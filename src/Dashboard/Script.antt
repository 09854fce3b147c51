-- ===== src/Dashboard/Script.antt =====
-- supervictor/endpoint/src/ui/views.rs: the static script of every page.
use super_victor.Prelude.{[], ◌∷◌, ◌++◌}
use super_victor.Prelude.Text.{Text, codes}

abbrev line : Text → Text
line t = t ++ b'\n' ∷ []

unfoldable pub live_script : Text
live_script =
    b'\n' ∷ line (codes "(function () {")
    ++ line (codes "  var dot = document.getElementById('live-dot');")
    ++ line (codes "  var errors = 0;")
    ++ line (codes "  var es = new EventSource('/ui/events');")
    ++ line (
        codes
          "  es.onopen = function () { errors = 0; if (dot) { dot.textContent = 'live'; dot.className = 'connected'; } };")
    ++ line (codes "  es.addEventListener('uplink', function (e) {")
    ++ line (codes "    var ev; try { ev = JSON.parse(e.data); } catch (_) { return; }")
    ++ line (
        codes
          "    var row = document.querySelector('tr[data-device=\"' + CSS.escape(ev.device_id) + '\"]');")
    ++ line (codes "    if (!row) return;")
    ++ line (codes "    var last = row.querySelector('.last-uplink');")
    ++ line (codes "    if (last) last.textContent = ev.received_at;")
    ++ line (codes "    var badge = row.querySelector('.staleness');")
    ++ line (
        codes
          "    if (badge) { badge.textContent = 'fresh'; badge.className = 'badge staleness fresh'; }")
    ++ line (codes "  });")
    ++ line (codes "  es.onerror = function () {")
    ++ line (codes "    errors += 1;")
    ++ line (codes "    if (dot) { dot.textContent = 'offline'; dot.className = ''; }")
    ++ line (
        codes
          "    if (errors >= 3) { es.close(); setTimeout(function () { location.reload(); }, 30000); }")
    ++ line (codes "  };")
    ++ line (codes "})();")
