-- ===== src/Dashboard/Views.antt =====
-- supervictor/endpoint/src/ui/views.rs: the pages of the dashboard, as the trees that the templates
-- describe. What maud makes of a tree (the tags, the escaping of texts and attribute values) is not
-- part of the repository. The coordinates of the sparkline are computed with floating-point numbers:
-- `points` stands for their text. A Boolean attribute has the empty value.
use super_victor.Prelude.{Option, none, some, List, [], ◌∷◌, ◌++◌, if◌then◌else◌}
use super_victor.Prelude.Text.{Text, codes, ◌≟◌}
use super_victor.Models.{DeviceRecord, active, inactive}
use super_victor.Fleet.{label}
use super_victor.Dashboard.{FleetRow}
use super_victor.Dashboard.Script.{live_script}

-- A sequence of nodes: nothing, an escaped text and the rest, a text that is passed on as it is and
-- the rest, or an element with its attributes, what is inside it, and the rest.
pub data Markup : Type 0 where
  nothing : Markup
  escaped : Text → Markup → Markup
  raw : Text → Markup → Markup
  element : Text → List (Text × Text) → Markup → Markup → Markup

infixr 40 ◌<>◌
abbrev pub ◌<>◌ : Markup → Markup → Markup
nothing <> n = n
escaped t m <> n = escaped t (m <> n)
raw t m <> n = raw t (m <> n)
element tag attrs inside m <> n = element tag attrs inside (m <> n)

abbrev pub say : Text → Markup
say t = escaped t nothing

abbrev pub el : Text → List (Text × Text) → Markup → Markup
el tag attrs inside = element tag attrs inside nothing

abbrev pub class : Text → Text × Text
class t = (codes "class", t)

-- `input type=… name=… value=…` and the like
abbrev pub input : Text → List (Text × Text) → Markup
input kind attrs = el (codes "input") ((codes "type", kind) ∷ attrs) nothing

abbrev pub hidden : Text → Text → Markup
hidden name value = input (codes "hidden") ((codes "name", name) ∷ (codes "value", value) ∷ [])

abbrev pub badge : Text → Text → Markup
badge classes word = el (codes "span") (class (classes ++ codes " " ++ word) ∷ []) (say word)

unfoldable pub layout : Text → Text → Markup → Markup
layout title subject body = raw (codes "<!DOCTYPE html>") (
    el (codes "html") ((codes "lang", codes "en") ∷ []) (
      el (codes "head") [] (
        el (codes "meta") ((codes "charset", codes "utf-8") ∷ []) nothing
        <> el (codes "meta")
            ((codes "name", codes "viewport")
              ∷ (codes "content", codes "width=device-width, initial-scale=1")
              ∷ [])
            nothing
        <> el (codes "title") [] (say title <> say (codes " — supervictor fleet"))
        <> el (codes "link")
            ((codes "rel", codes "stylesheet") ∷ (codes "href", codes "/ui/assets/style.css") ∷ [])
            nothing)
      <> el (codes "body") [] (
          el (codes "header") [] (
            el (codes "h1") []
              (el (codes "a") ((codes "href", codes "/ui") ∷ []) (say (codes "supervictor fleet")))
            <> el (codes "span") ((codes "id", codes "live-dot") ∷ []) (say (codes "static"))
            <> el (codes "span") (class (codes "subject") ∷ []) (say subject))
          <> el (codes "main") [] body
          <> el (codes "script") [] (raw live_script nothing))))

-- The status that the toggle of a device asks for, and the word on its button.
unfoldable pub next_status : DeviceRecord → Text × Text
next_status device =
    if device.status ≟ active then (inactive, codes "revoke") else (active, codes "reactivate")

abbrev pub status_path : Text → Text
status_path id = codes "/ui/devices/" ++ id ++ codes "/status"

unfoldable pub status_form : DeviceRecord → Text → Markup
unfolding next_status
status_form device csrf =
    let (next, verb) = next_status device in
    el (codes "form")
      (class (codes "inline")
        ∷ (codes "method", codes "post")
        ∷ (codes "action", status_path device.device_id)
        ∷ [])
      (hidden (codes "csrf") csrf
        <> hidden (codes "status") next
        <> el (codes "button") ((codes "type", codes "submit") ∷ []) (say verb))

unfoldable pub shown_or : Option Text → Text → Text
shown_or (some t) d = t
shown_or none d = d

-- One row of the table of `fleet_page`.
unfoldable pub fleet_row : Text → FleetRow → Markup
unfolding status_form shown_or
fleet_row csrf row = el (codes "tr") ((codes "data-device", row.device.device_id) ∷ []) (
    el (codes "td") [] (
      el (codes "a") ((codes "href", codes "/ui/devices/" ++ row.device.device_id) ∷ [])
        (say row.device.device_id))
    <> el (codes "td") [] (badge (codes "badge") row.device.status)
    <> el (codes "td") [] (say row.device.owner_id)
    <> el (codes "td") (class (codes "last-uplink") ∷ [])
        (say (shown_or row.last_uplink (codes "never")))
    <> el (codes "td") [] (badge (codes "badge staleness") (label row.staleness))
    <> el (codes "td") [] (status_form row.device csrf))

-- `@for`
unfoldable pub each : {A : Type 0} → (A → Markup) → List A → Markup
each f [] = nothing
each f (x ∷ xs) = f x <> each f xs

abbrev pub heads : List Text → Markup
heads names = each (λ name. el (codes "th") [] (say name)) names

══════════

◆ EXERCISE GOAL: Reproduce exactly the stretch of the material above that starts at the line with "status_path id = codes" and ends at the line with "shown_or none d = d", both included, and nothing else.

◆ OUTPUT:
status_path id = codes "/ui/devices/" ++ id ++ codes "/status"

unfoldable pub status_form : DeviceRecord → Text → Markup
unfolding next_status
status_form device csrf =
    let (next, verb) = next_status device in
    el (codes "form")
      (class (codes "inline")
        ∷ (codes "method", codes "post")
        ∷ (codes "action", status_path device.device_id)
        ∷ [])
      (hidden (codes "csrf") csrf
        <> hidden (codes "status") next
        <> el (codes "button") ((codes "type", codes "submit") ∷ []) (say verb))

unfoldable pub shown_or : Option Text → Text → Text
shown_or (some t) d = t
shown_or none d = d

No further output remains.